Your goal — Starting at the line below holding "abbrev pub longer" and stopping at the line holding "place_all-longest k tables (e", print every line exactly, both ends included, and leave the rest out.
Materials provided START
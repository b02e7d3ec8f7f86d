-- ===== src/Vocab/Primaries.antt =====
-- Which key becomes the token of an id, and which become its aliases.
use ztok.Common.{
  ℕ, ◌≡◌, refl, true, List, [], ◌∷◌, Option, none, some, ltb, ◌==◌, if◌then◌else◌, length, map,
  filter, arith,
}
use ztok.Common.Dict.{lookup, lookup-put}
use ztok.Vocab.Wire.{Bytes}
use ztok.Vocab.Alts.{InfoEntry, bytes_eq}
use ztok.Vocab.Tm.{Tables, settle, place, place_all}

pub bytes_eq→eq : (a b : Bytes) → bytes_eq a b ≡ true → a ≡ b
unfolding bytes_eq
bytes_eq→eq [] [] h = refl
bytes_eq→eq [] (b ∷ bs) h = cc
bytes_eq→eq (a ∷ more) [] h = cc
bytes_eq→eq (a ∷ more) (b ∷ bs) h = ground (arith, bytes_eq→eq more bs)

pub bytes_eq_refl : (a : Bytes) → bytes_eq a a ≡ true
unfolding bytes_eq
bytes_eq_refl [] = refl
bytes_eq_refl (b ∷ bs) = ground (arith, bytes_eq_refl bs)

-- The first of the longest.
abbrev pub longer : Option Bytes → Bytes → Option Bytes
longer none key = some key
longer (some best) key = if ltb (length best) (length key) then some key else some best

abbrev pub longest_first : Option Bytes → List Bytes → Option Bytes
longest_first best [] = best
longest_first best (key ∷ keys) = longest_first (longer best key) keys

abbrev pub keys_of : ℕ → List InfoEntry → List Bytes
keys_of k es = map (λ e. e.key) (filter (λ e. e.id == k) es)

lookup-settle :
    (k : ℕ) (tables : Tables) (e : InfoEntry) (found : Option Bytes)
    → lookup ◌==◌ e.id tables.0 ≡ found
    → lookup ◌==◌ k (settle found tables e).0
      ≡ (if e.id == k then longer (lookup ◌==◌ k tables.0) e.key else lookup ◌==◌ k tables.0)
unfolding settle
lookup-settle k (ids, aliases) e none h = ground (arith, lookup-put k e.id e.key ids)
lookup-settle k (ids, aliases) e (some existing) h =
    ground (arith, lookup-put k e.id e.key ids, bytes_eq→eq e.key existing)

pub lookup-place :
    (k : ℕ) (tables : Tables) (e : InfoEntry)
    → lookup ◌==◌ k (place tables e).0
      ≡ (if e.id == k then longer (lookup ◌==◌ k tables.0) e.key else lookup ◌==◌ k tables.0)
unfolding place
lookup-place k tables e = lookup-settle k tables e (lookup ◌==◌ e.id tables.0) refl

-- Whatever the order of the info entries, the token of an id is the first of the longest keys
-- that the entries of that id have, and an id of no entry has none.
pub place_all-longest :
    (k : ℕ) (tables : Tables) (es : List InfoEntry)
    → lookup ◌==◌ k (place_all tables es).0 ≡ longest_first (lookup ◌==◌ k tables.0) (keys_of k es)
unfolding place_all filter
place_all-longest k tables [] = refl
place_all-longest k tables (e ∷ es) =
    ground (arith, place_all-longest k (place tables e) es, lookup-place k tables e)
Materials provided END
Materials provided START
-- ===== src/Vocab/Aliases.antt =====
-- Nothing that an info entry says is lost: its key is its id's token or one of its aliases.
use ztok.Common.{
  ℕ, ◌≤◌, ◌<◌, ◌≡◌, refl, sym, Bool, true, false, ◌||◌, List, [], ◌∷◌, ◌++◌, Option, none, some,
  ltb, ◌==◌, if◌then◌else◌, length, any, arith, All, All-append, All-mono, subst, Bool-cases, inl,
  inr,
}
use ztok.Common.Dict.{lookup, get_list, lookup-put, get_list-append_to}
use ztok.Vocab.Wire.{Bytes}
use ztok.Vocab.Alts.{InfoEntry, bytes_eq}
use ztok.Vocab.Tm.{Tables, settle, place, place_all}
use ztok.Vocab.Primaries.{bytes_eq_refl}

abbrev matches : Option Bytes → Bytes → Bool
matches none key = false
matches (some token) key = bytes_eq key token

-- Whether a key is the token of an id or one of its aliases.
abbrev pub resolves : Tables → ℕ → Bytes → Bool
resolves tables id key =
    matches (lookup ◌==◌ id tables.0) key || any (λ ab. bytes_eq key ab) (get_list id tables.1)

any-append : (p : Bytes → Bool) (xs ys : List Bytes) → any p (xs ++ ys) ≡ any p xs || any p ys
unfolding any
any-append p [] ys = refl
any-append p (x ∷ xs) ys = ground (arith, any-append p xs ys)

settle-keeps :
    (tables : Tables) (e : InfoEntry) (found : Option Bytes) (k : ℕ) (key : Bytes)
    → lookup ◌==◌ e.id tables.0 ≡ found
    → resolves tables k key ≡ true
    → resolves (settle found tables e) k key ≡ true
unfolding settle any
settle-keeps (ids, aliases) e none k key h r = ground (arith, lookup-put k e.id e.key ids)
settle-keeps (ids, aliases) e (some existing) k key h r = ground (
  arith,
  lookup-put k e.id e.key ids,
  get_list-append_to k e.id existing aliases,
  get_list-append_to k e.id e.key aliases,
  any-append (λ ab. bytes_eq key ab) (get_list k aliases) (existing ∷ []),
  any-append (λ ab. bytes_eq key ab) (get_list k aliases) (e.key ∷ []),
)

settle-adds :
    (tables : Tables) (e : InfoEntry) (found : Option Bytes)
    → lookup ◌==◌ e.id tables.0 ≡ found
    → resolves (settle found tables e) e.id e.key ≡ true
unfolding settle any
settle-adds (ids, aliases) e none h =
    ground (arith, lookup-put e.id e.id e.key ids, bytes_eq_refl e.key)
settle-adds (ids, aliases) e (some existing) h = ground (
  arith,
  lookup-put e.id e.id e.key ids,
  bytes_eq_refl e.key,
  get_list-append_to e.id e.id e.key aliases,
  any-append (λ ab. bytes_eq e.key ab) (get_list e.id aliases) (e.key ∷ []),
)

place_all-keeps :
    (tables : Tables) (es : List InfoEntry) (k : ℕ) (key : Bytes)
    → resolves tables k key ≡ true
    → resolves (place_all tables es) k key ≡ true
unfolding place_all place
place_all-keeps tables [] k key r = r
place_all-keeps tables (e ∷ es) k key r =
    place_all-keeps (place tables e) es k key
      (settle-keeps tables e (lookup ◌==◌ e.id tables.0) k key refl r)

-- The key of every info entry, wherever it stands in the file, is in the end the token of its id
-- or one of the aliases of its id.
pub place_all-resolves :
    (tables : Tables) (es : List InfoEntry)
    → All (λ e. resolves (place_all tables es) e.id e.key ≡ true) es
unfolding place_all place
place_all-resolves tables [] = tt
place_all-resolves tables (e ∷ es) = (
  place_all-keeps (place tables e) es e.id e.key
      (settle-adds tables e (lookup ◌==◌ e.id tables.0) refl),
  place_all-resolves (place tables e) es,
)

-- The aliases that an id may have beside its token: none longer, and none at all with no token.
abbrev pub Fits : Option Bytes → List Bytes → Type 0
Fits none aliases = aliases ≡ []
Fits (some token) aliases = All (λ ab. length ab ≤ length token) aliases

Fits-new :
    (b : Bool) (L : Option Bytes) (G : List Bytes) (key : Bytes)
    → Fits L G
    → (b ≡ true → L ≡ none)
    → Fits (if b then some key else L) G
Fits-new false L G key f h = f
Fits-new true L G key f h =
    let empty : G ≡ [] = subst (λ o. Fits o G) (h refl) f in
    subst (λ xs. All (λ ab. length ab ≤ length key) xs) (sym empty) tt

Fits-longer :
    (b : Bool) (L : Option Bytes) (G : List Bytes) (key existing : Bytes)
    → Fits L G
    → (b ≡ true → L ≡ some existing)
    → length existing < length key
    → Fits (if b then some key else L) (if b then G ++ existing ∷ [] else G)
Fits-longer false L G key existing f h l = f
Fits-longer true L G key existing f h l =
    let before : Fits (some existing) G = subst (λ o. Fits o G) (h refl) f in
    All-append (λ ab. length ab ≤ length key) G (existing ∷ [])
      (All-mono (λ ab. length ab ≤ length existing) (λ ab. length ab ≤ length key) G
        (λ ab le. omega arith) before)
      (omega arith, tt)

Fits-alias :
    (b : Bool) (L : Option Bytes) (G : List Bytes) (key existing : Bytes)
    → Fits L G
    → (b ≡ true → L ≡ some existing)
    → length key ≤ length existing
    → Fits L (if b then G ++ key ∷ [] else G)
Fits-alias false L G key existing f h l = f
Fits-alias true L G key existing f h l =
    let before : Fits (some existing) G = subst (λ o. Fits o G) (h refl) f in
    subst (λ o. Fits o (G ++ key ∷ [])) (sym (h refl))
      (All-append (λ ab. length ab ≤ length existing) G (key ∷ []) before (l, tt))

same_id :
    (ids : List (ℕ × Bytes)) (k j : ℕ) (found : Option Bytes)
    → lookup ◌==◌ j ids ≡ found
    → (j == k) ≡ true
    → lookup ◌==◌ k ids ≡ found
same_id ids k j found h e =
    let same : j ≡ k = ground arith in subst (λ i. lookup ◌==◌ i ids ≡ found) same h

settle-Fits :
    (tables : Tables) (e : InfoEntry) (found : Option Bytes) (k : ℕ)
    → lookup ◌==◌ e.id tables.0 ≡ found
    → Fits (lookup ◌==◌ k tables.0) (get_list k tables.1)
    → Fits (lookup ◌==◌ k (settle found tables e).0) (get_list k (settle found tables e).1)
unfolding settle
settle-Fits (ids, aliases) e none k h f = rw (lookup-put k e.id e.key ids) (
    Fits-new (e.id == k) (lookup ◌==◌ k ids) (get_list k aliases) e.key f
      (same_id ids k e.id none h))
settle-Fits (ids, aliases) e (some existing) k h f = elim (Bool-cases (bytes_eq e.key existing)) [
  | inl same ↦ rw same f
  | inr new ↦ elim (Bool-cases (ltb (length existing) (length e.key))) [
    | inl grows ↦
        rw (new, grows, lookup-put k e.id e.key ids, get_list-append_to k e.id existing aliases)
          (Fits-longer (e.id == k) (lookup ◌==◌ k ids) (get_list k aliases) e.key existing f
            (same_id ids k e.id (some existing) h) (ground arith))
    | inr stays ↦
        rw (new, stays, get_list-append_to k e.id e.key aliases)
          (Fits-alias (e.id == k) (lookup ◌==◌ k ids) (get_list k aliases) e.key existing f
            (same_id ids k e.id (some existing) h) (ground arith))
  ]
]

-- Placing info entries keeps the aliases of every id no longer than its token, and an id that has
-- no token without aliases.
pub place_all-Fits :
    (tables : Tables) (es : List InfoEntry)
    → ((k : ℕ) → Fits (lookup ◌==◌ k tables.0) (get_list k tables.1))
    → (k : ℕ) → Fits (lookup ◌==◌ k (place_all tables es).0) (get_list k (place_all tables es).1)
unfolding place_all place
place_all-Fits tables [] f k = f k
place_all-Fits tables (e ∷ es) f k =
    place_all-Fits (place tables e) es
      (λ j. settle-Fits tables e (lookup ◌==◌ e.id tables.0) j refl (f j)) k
Materials provided END
Exercise response —
abbrev pub longer : Option Bytes → Bytes → Option Bytes
longer none key = some key
longer (some best) key = if ltb (length best) (length key) then some key else some best

abbrev pub longest_first : Option Bytes → List Bytes → Option Bytes
longest_first best [] = best
longest_first best (key ∷ keys) = longest_first (longer best key) keys

abbrev pub keys_of : ℕ → List InfoEntry → List Bytes
keys_of k es = map (λ e. e.key) (filter (λ e. e.id == k) es)

lookup-settle :
    (k : ℕ) (tables : Tables) (e : InfoEntry) (found : Option Bytes)
    → lookup ◌==◌ e.id tables.0 ≡ found
    → lookup ◌==◌ k (settle found tables e).0
      ≡ (if e.id == k then longer (lookup ◌==◌ k tables.0) e.key else lookup ◌==◌ k tables.0)
unfolding settle
lookup-settle k (ids, aliases) e none h = ground (arith, lookup-put k e.id e.key ids)
lookup-settle k (ids, aliases) e (some existing) h =
    ground (arith, lookup-put k e.id e.key ids, bytes_eq→eq e.key existing)

pub lookup-place :
    (k : ℕ) (tables : Tables) (e : InfoEntry)
    → lookup ◌==◌ k (place tables e).0
      ≡ (if e.id == k then longer (lookup ◌==◌ k tables.0) e.key else lookup ◌==◌ k tables.0)
unfolding place
lookup-place k tables e = lookup-settle k tables e (lookup ◌==◌ e.id tables.0) refl

-- Whatever the order of the info entries, the token of an id is the first of the longest keys
-- that the entries of that id have, and an id of no entry has none.
pub place_all-longest :
    (k : ℕ) (tables : Tables) (es : List InfoEntry)
    → lookup ◌==◌ k (place_all tables es).0 ≡ longest_first (lookup ◌==◌ k tables.0) (keys_of k es)
unfolding place_all filter
place_all-longest k tables [] = refl
place_all-longest k tables (e ∷ es) =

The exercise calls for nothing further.